Changes in gray matter induced by learning--revisited

Abstract

Background: Recently, activation-dependant structural brain plasticity in humans has been demonstrated in adults after three months of training a visio-motor skill. Learning three-ball cascade juggling was associated with a transient and highly selective increase in brain gray matter in the occipito-temporal cortex comprising the motion sensitive area hMT/V5 bilaterally. However, the exact time-scale of usage-dependant structural changes occur is still unknown. A better understanding of the temporal parameters may help to elucidate to what extent this type of cortical plasticity contributes to fast adapting cortical processes that may be relevant to learning.

Principal findings: Using a 3 Tesla scanner and monitoring whole brain structure we repeated and extended our original study in 20 healthy adult volunteers, focussing on the temporal aspects of the structural changes and investigated whether these changes are performance or exercise dependant. The data confirmed our earlier observation using a mean effects analysis and in addition showed that learning to juggle can alter gray matter in the occipito-temporal cortex as early as after 7 days of training. Neither performance nor exercise alone could explain these changes.

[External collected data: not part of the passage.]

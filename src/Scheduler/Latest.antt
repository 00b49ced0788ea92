-- ===== src/Scheduler/Latest.antt =====
-- The run that a schedule expects is its latest one (app/services/scheduler.py).
use mcmanager.Common.{ℕ, Option, none, some, ◌+◌, ◌*◌, ◌%◌, ◌≤◌, ◌<◌, ◌≡◌}
use mcmanager.Scheduler.Times.{
  every_n_days, daily, weekly, monthly, other, Schedule, day, period, time_of_day,
}

-- the times at which a schedule runs: every so many days after its change, or once a day
abbrev pub IsRunTime : Schedule → ℕ → Type 0
IsRunTime s e = elim s.interval [
  | every_n_days days ↦ (k : ℕ) × (e ≡ s.last_changed_at + k * period days)
  | daily ↦ e % day ≡ time_of_day s
  | weekly ↦ e % day ≡ time_of_day s
  | monthly ↦ e % day ≡ time_of_day s
  | other ↦ ⊥
]

-- the latest run after the change, or that there is none
abbrev pub IsLatest : (ℕ → Type 0) → ℕ → ℕ → Option ℕ → Type 0
IsLatest Run last now none = (e : ℕ) → Run e → last < e → e ≤ now → ⊥
IsLatest Run last now (some e) =
    Run e × (last < e) × (e ≤ now) × ((f : ℕ) → Run f → f ≤ now → f ≤ e)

Conclusion: We suggest that the qualitative change (i.e. learning of a new task) is more critical for the brain to change its structure than continued training of an already-learned task.

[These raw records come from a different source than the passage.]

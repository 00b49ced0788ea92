-- ===== src/Scheduler/Examples.antt =====
-- The runs of a concrete schedule (app/services/scheduler.py).
use mcmanager.Common.{String, some, none, true, List, [], ◌∷◌, ok, err, ◌≡◌, refl, ◌≤◌, arith}
use mcmanager.Scheduler.Tick.{
  ScheduleRow, SchedulerStore, TickResult, Turn, counted, tick, tick_each,
}
use mcmanager.Scheduler.Accounts.{times_missed, missed_once}
use mcmanager.Scheduler.Times.{Schedule, daily, expected_run_at}

-- every day at half past four, changed on the second day
abbrev at_half_past_four : Schedule
at_half_past_four = record {
  interval = daily;
  target_hour = 4;
  target_minute = 30;
  last_changed_at = 90000;
}

abbrev schedule_of : String → String → ScheduleRow
schedule_of schedule_id schedule_type = record {
  schedule_id = schedule_id;
  schedule_type = schedule_type;
  world_id = some "w1";
  enabled = true;
  deleted_at = none;
  created_at = 10;
  timing = at_half_past_four;
}

abbrev before_tick : SchedulerStore
before_tick = record {
  engine = record {
    operations = [];
    audits = [];
    notifications = [];
    usernames = [];
    pending_checkpoints = [];
    progress_cache = [];
    published = [];
    realtime = true;
    notifies = true;
  };
  schedules = schedule_of "s1" "backup" ∷ schedule_of "s2" "export" ∷ [];
  missed = [];
  announced = [];
}

abbrev after_tick : Turn
after_tick = tick (λ schedule_id. schedule_id) 300000 before_tick

abbrev store_of : Turn → SchedulerStore
store_of (ok (s, c)) = s
store_of (err e) = before_tick

abbrev result_of : Turn → TickResult
result_of (ok (s, c)) = c
result_of (err e) = counted 0 0 0

-- of two runs that are due, one is dispatched and one is missed
tick_returns :
    (after_tick ≡ ok (store_of after_tick, result_of after_tick))
    × (result_of after_tick ≡ counted 2 1 1)
unfolding mcmanager.Scheduler.Tick.schedule_for_dispatch mcmanager.Scheduler.Tick.has_recorded
    mcmanager.Scheduler.Tick.has_run_operation mcmanager.Scheduler.Tick.has_schedule_conflict
    mcmanager.Scheduler.Tick.operation_type_for mcmanager.Scheduler.Tick.record_missed
    mcmanager.Scheduler.Tick.schedule_turn mcmanager.Scheduler.Tick.tick
    mcmanager.Scheduler.Times.expected_run_at mcmanager.Operations.Engine.in_flight_of
    mcmanager.Operations.Engine.get_by_idempotency_key mcmanager.Operations.Engine.get
    mcmanager.Operations.Engine.cancel_rows mcmanager.Operations.Engine.reread
    mcmanager.Operations.Engine.publish_terminals mcmanager.Operations.Methods.active_rows
    mcmanager.Operations.Methods.first_status mcmanager.Operations.Methods.locks_world
    mcmanager.Operations.Methods.repeated mcmanager.Operations.Methods.new_row
    mcmanager.Operations.Methods.queue_position_of mcmanager.Operations.Methods.publish_created
    mcmanager.Operations.Methods.insert_row mcmanager.Operations.Methods.admit_and_insert
    mcmanager.Operations.Methods.create_fresh mcmanager.Operations.Methods.create_with_replay
    mcmanager.Operations.Policy.apply_conflict_policy mcmanager.Common.sort_by
    mcmanager.Domain.Values.OperationType-discrete mcmanager.Domain.Values.OperationStatus-discrete
tick_returns = (refl, refl)

missed_once_example : times_missed "s2" 275400 (store_of after_tick) ≤ 1
missed_once_example =
    missed_once (λ schedule_id. schedule_id) 300000 before_tick (store_of after_tick)
      (result_of after_tick) "s2" 275400 tick_returns.0 (omega arith)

Figure 1. Transient structural changes superimposed on a normalized T1-image.

Gray matter increase is shown superimposed on a normalized T1-image. The left side of the picture is the left side of the brain. a.u. = arbitrary units. Figure 1 top: Statistical parametric maps demonstrating the transient structural changes during the time of skilled performance (scans 2–4) compared to time point 1. A significant gray matter increase was found in the midtemporal area (hMT/V5) and in the frontal and temporal lobes and the cingulate cortex bilaterally. This pattern reversed when study participants were examined at time points 5 and 6 (following the weeks of exercise). Figure 1 bottom: mean and 90% confidence interval of the voxels of maximum intensity (right hMT) representing the gray matter expansion over time. Each box represents one scan (scan 1 =  before training, scans 2–4 = 7, 14 and 21 days after scan one and during the exercise period; scan 5 after two and scan 6 after four months (after training had stopped.)

Figure 2. Statistical parametric maps demonstrating structural changes after 7 days.

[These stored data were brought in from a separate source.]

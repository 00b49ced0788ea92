-- ===== src/Sync.antt =====
-- Offsite copies of backup artifacts (app/services/sync.py).
pub mod Rows
pub mod Dispatch
pub mod Attempts
pub mod Opened
pub mod Settled
mod Examples
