-- ===== src/Sync/Rows.antt =====
-- The rows and the parameters of a transfer (app/services/sync.py).
use mcmanager.Common.{ℕ, String, string_eq, Bool, Option, List, ◌-◌, ◌*◌, ◌^◌}
use mcmanager.Operations.Policy.{OperationError}
use mcmanager.Operations.Engine.{Engine}

-- what the transport does with a file; an error has its message, cut to 1000 characters
pub data Upload : Type 0 where
  uploaded : Upload
  permanent transient : String → Upload

-- `SyncOutcome`
pub data SyncOutcome : Type 0 where
  succeeded failed_transient failed_permanent : SyncOutcome

-- `SyncRecordStatus`
pub data SyncRecordStatus : Type 0 where
  pending record_succeeded record_failed : SyncRecordStatus

-- A row of `sync_attempts`.
pub record SyncAttempt : Type 0 where
  pub sync_id : String
  pub attempt_number : ℕ
  pub started_at : ℕ
  pub finished_at : ℕ
  pub outcome : SyncOutcome
  pub error_message : Option String

-- A row of `sync_records`.
pub record SyncRecord : Type 0 where
  pub sync_id : String
  pub artifact_id : String
  pub sync_target_id : String
  pub operation_id : String
  pub status : SyncRecordStatus
  pub started_at : ℕ
  pub finished_at : Option ℕ

-- The columns of a row of `backup_artifacts` that a transfer reads; `live` is `deleted_at IS NULL`.
pub record SyncArtifact : Type 0 where
  pub artifact_id : String
  pub world_id : Option String
  pub storage_path : String
  pub size_bytes : ℕ
  pub live : Bool

-- A live row of `sync_targets`.
pub record SyncTarget : Type 0 where
  pub sync_target_id : String
  pub enabled : Bool
  pub secret_id : String

pub record SyncService : Type 0 where
  pub engine : Engine
  pub artifacts : List SyncArtifact
  pub targets : List SyncTarget
  pub secrets : List String
  pub records : List SyncRecord
  pub attempts : List SyncAttempt

pub data SyncError : Type 0 where
  cap_exceeded backup_not_found target_disabled target_not_found : SyncError
  operation : OperationError → SyncError

-- SYNC_TRANSIENT_RETRIES
abbrev pub transient_retries : ℕ
transient_retries = 3

abbrev pub daily_transfer_cap : ℕ
daily_transfer_cap = 50 * 1024 ^ 3

-- BACKOFF_DELAYS[attempt_number - 1]
abbrev pub backoff_delay : ℕ → ℕ
backoff_delay attempt_number = 30 * 2 ^ (attempt_number - 1)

Figure 2 top: Statistical parametric maps demonstrating the transient structural changes after 7 days compared to time point one. A gray matter expansion between the first and the second scan was found in the midtemporal area (hMT/V5) on the right side, demonstrating that learning to juggle can change the gray matter in hMT/V5 as early as after 7 days of training. Note, that this change is a trend only (p<0.005, uncorrected). Figure 2 bottom: Box plot of the voxels of maximum intensity (right hMT/V5) representing the gray matter expansion over time.

Figure 3. Mean effects analysis.

Figure 3 top: The mean effect analysis of the previous data set (1.5 Tesla) of 12 volunteers and the present data set (3 Tesla) of 20 volunteers showed that both cohorts exhibit transient gray matter increase in the hMT/V5 bilaterally (right: x = 41, y = −82, z = 4; Z = 4.06; left: x = −38, y = −80, z = 2; Z = 3.12). Figure 3 bottom: Box plot of the parameter estimates for both samples in the MT-area (right hMT/V5) using the contrasts described in the text to test for medium effects in both groups (no conjunction). The cluster is displayed with p<0.001 (uncorr.) and all parameter estimates (betas) in this cluster were averaged.